# WHAT THE TASK ASKS:
From the entries below, return only the lines starting at the one that contains "(handle_ready s.store r" and ending at the one that contains "known route e", exactly as they stand.
_____
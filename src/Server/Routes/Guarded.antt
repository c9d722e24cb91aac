-- ===== src/Server/Routes/Guarded.antt =====
-- What a request to the server can do.
use busybar_bridge.Prelude.{
  ◌≡◌, ◌≢◌, ◌⊎◌, inl, inr, refl, sym, ap, ◌∙◌, Bool, false, not, ◌&&◌, List, [], ◌∷◌, Option, none,
  some, arith, All, if_true, if_false, Bool-cases,
}
use busybar_bridge.Prelude.Result.{Result, err}
use busybar_bridge.Prelude.Text.{Text, codes, text_eq, text_eq_iff}
use busybar_bridge.Calendar.Store.{CalendarBinding, Disk, Calls}
use busybar_bridge.Server.Http.{Request, is_get_or_head, error_reply}
use busybar_bridge.Server.Oauth.{
  Called, store_is_bound, is_oauth_configured, handle_login, handle_callback,
}
use busybar_bridge.Server.Oauth.Linking.{Linked, handle_callback-Linked}
use busybar_bridge.Server.Page.{PageWorld, StatusData, handle_status}
use busybar_bridge.Server.Probes.{handle_healthz, handle_ready}
use busybar_bridge.Server.Routes.{
  LiveServer, Manager, Route, healthz, ready, status, oauth_login, oauth_callback, route_of,
  exchange_of, login, Served, serve_route, serve,
}

text_eq-ne : (a b : Text) → a ≢ b → text_eq a b ≡ false
text_eq-ne a b h = elim (Bool-cases (text_eq a b)) [
  | inl e ↦ absurd (h ((text_eq_iff a b).0 e))
  | inr e ↦ e
]

-- The paths that have a handler of their own, and the two paths of the status page.
abbrev pub known_paths : List Text
known_paths =
    codes "/healthz"
    ∷ codes "/ready"
    ∷ codes "/oauth/google/login"
    ∷ codes "/oauth/google/callback"
    ∷ codes "/status"
    ∷ codes "/"
    ∷ []

route_of-callback :
    (path : Text) → route_of path ≡ oauth_callback → path ≡ codes "/oauth/google/callback"
unfolding route_of
route_of-callback path h = elim (Bool-cases (text_eq path (codes "/oauth/google/callback"))) [
  | inl e ↦ (text_eq_iff path (codes "/oauth/google/callback")).0 e
  | inr e ↦ absurd (ground arith)
]

route_of-unknown : (path : Text) → All (λ p. path ≢ p) known_paths → route_of path ≡ status
unfolding route_of
route_of-unknown path (a, (b, (c, (d, t)))) =
    if_false _ _ _ (text_eq-ne path (codes "/healthz") a)
    ∙ if_false _ _ _ (text_eq-ne path (codes "/ready") b)
    ∙ if_false _ _ _ (text_eq-ne path (codes "/oauth/google/login") c)
    ∙ if_false _ _ _ (text_eq-ne path (codes "/oauth/google/callback") d)

module _ {Bytes : Type 0} (marshal : CalendarBinding → Option Bytes) (dir : Text → Text)
    (escape : Text → Text) (w : PageWorld) (calls : Calls Bytes) (s : LiveServer)
    (disk : Disk Bytes) (path : Text) (r : Request) where
  pub record IsGuarded (out : Served Bytes) : Type 0 where
    -- Only the OAuth callback changes the calendar store.
    pub linked :
        ((out.calendar_store ≡ s.calendar_store) × (out.disk.file ≡ disk.file))
        ⊎ ((path ≡ codes "/oauth/google/callback")
            × Linked marshal dir escape calls s.calendar_store (exchange_of s.oauth_mgr) r (
                handle_callback marshal dir escape calls s.calendar_store disk
                  (exchange_of s.oauth_mgr)
                  r))
    -- Other methods than GET and HEAD are refused.
    pub refused :
        is_get_or_head r ≡ false
        → (out.reply ≡ some (error_reply (codes "Method Not Allowed") 405))
          ⊎ (out.reply ≡ some (error_reply (codes "404 page not found") 404))
    -- A path without a handler is not found.
    pub unknown :
        All (λ p. path ≢ p) known_paths
        → out.reply ≡ some (error_reply (codes "404 page not found") 404)

  handle_status-unknown :
      (d : StatusData)
      → All (λ p. path ≢ p) known_paths
      → handle_status w path d r ≡ error_reply (codes "404 page not found") 404
  unfolding handle_status
  handle_status-unknown d (a₀, (a₁, (a₂, (a₃, (e, (f, t)))))) =
      if_true (not (text_eq path (codes "/status")) && not (text_eq path (codes "/"))) _ _
        (ground (arith, text_eq-ne path (codes "/status") e, text_eq-ne path (codes "/") f))

  handle_status-refused :
      (d : StatusData)
      → is_get_or_head r ≡ false
      → (handle_status w path d r ≡ error_reply (codes "Method Not Allowed") 405)
        ⊎ (handle_status w path d r ≡ error_reply (codes "404 page not found") 404)
  unfolding handle_status
  handle_status-refused d g =
      let other : Bool = not (text_eq path (codes "/status")) && not (text_eq path (codes "/")) in
      elim (Bool-cases other) [
        | inl e ↦ inr (if_true other _ _ e)
        | inr e ↦ inl (if_false other _ _ e ∙ if_true (not (is_get_or_head r)) _ _ (ground arith))
      ]

  probes-refused :
      is_get_or_head r ≡ false
      → (handle_healthz r ≡ error_reply (codes "Method Not Allowed") 405)
        × (handle_ready s.store r ≡ error_reply (codes "Method Not Allowed") 405)
  unfolding handle_healthz handle_ready
  probes-refused g = (
    if_true (not (is_get_or_head r)) _ _ (ground arith),
    if_true (not (is_get_or_head r)) _ _ (ground arith),
  )

  handle_login-refused :
      (configured : Option Bool) (generated : Result Text (Text × Text))
      → is_get_or_head r ≡ false
      → handle_login s.calendar_store s.oauth_configured configured generated r
        ≡ error_reply (codes "Method Not Allowed") 405
  unfolding handle_login
  handle_login-refused configured generated g = if_true (not (is_get_or_head r)) _ _ (ground arith)

  login-refused :
      (m : Option Manager)
      → is_get_or_head r ≡ false
      → login marshal dir escape w s r m ≡ some (error_reply (codes "Method Not Allowed") 405)
  unfolding login
  login-refused (some m) g = ap (λ x. some x) (handle_login-refused _ _ g)
  login-refused none g =
      if_false
        (is_get_or_head r
          && not (store_is_bound s.calendar_store)
          && is_oauth_configured s.oauth_configured none)
        _ _ (ground arith)
      ∙ ap (λ x. some x) (handle_login-refused none (err []) g)

  handle_callback-refused :
      is_get_or_head r ≡ false
      → (handle_callback marshal dir escape calls s.calendar_store disk
          (exchange_of s.oauth_mgr)
          r).reply
        ≡ error_reply (codes "Method Not Allowed") 405
  unfolding handle_callback
  handle_callback-refused g =
      ap (λ (x : Called Bytes). x.reply) (if_true (not (is_get_or_head r)) _ _ (ground arith))

  -- A path with a handler of its own is known.
  known :
      {P : Type 0} (route : Route)
      → route_of path ≡ route
      → route ≢ status
      → All (λ p. path ≢ p) known_paths
      → P
  known route e n u = absurd (n (sym e ∙ route_of-unknown path u))

  serve_route-IsGuarded :
      (route : Route)
      → route_of path ≡ route
      → IsGuarded (serve_route marshal dir escape w calls s disk path r route)
  unfolding serve_route
  serve_route-IsGuarded healthz e = record {
    linked = inl (refl, refl);
    refused = λ g. inl (ap (λ x. some x) (probes-refused g).0);
    unknown = known healthz e (λ h. cc);
  }
  serve_route-IsGuarded ready e = record {
    linked = inl (refl, refl);
    refused = λ g. inl (ap (λ x. some x) (probes-refused g).1);
    unknown = known ready e (λ h. cc);
  }
  serve_route-IsGuarded status e = record {
    linked = inl (refl, refl);
    refused = λ g. elim (handle_status-refused _ g) [
      | inl x ↦ inl (ap (λ y. some y) x)
      | inr x ↦ inr (ap (λ y. some y) x)
    ];
    unknown = λ u. ap (λ x. some x) (handle_status-unknown _ u);
  }
  serve_route-IsGuarded oauth_login e = record {
    linked = inl (refl, refl);
    refused = λ g. inl (login-refused s.oauth_mgr g);
    unknown = known oauth_login e (λ h. cc);
  }
  serve_route-IsGuarded oauth_callback e = record {
    linked =
        elim (handle_callback-Linked marshal dir escape calls s.calendar_store disk
          (exchange_of s.oauth_mgr) r) [
            | inl v ↦ inl (v.store_kept, v.file_kept)
            | inr v ↦ inr (route_of-callback path e, v)
          ];
    refused = λ g. inl (ap (λ x. some x) (handle_callback-refused g));
    unknown = known oauth_callback e (λ h. cc);
  }

  -- What any request to the server can do. The calendar store and its file stay as they are, except
  -- that the OAuth callback may link an unbound store on its conditions; a request that is neither
  -- GET nor HEAD is answered with 405, or with 404; and a path that is none of the five handlers'
  -- and not `/` is answered with 404.
  pub serve-IsGuarded : IsGuarded (serve marshal dir escape w calls s disk path r)
  unfolding serve
  serve-IsGuarded = serve_route-IsGuarded (route_of path) refl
_____
# ANSWER SECTION:
        × (handle_ready s.store r ≡ error_reply (codes "Method Not Allowed") 405)
  unfolding handle_healthz handle_ready
  probes-refused g = (
    if_true (not (is_get_or_head r)) _ _ (ground arith),
    if_true (not (is_get_or_head r)) _ _ (ground arith),
  )

  handle_login-refused :
      (configured : Option Bool) (generated : Result Text (Text × Text))
      → is_get_or_head r ≡ false
      → handle_login s.calendar_store s.oauth_configured configured generated r
        ≡ error_reply (codes "Method Not Allowed") 405
  unfolding handle_login
  handle_login-refused configured generated g = if_true (not (is_get_or_head r)) _ _ (ground arith)

  login-refused :
      (m : Option Manager)
      → is_get_or_head r ≡ false
      → login marshal dir escape w s r m ≡ some (error_reply (codes "Method Not Allowed") 405)
  unfolding login
  login-refused (some m) g = ap (λ x. some x) (handle_login-refused _ _ g)
  login-refused none g =
      if_false
        (is_get_or_head r
          && not (store_is_bound s.calendar_store)
          && is_oauth_configured s.oauth_configured none)
        _ _ (ground arith)
      ∙ ap (λ x. some x) (handle_login-refused none (err []) g)

  handle_callback-refused :
      is_get_or_head r ≡ false
      → (handle_callback marshal dir escape calls s.calendar_store disk
          (exchange_of s.oauth_mgr)
          r).reply
        ≡ error_reply (codes "Method Not Allowed") 405
  unfolding handle_callback
  handle_callback-refused g =
      ap (λ (x : Called Bytes). x.reply) (if_true (not (is_get_or_head r)) _ _ (ground arith))

  -- A path with a handler of its own is known.
  known :
      {P : Type 0} (route : Route)
      → route_of path ≡ route
      → route ≢ status
      → All (λ p. path ≢ p) known_paths
      → P
  known route e n u = absurd (n (sym e ∙ route_of-unknown path u))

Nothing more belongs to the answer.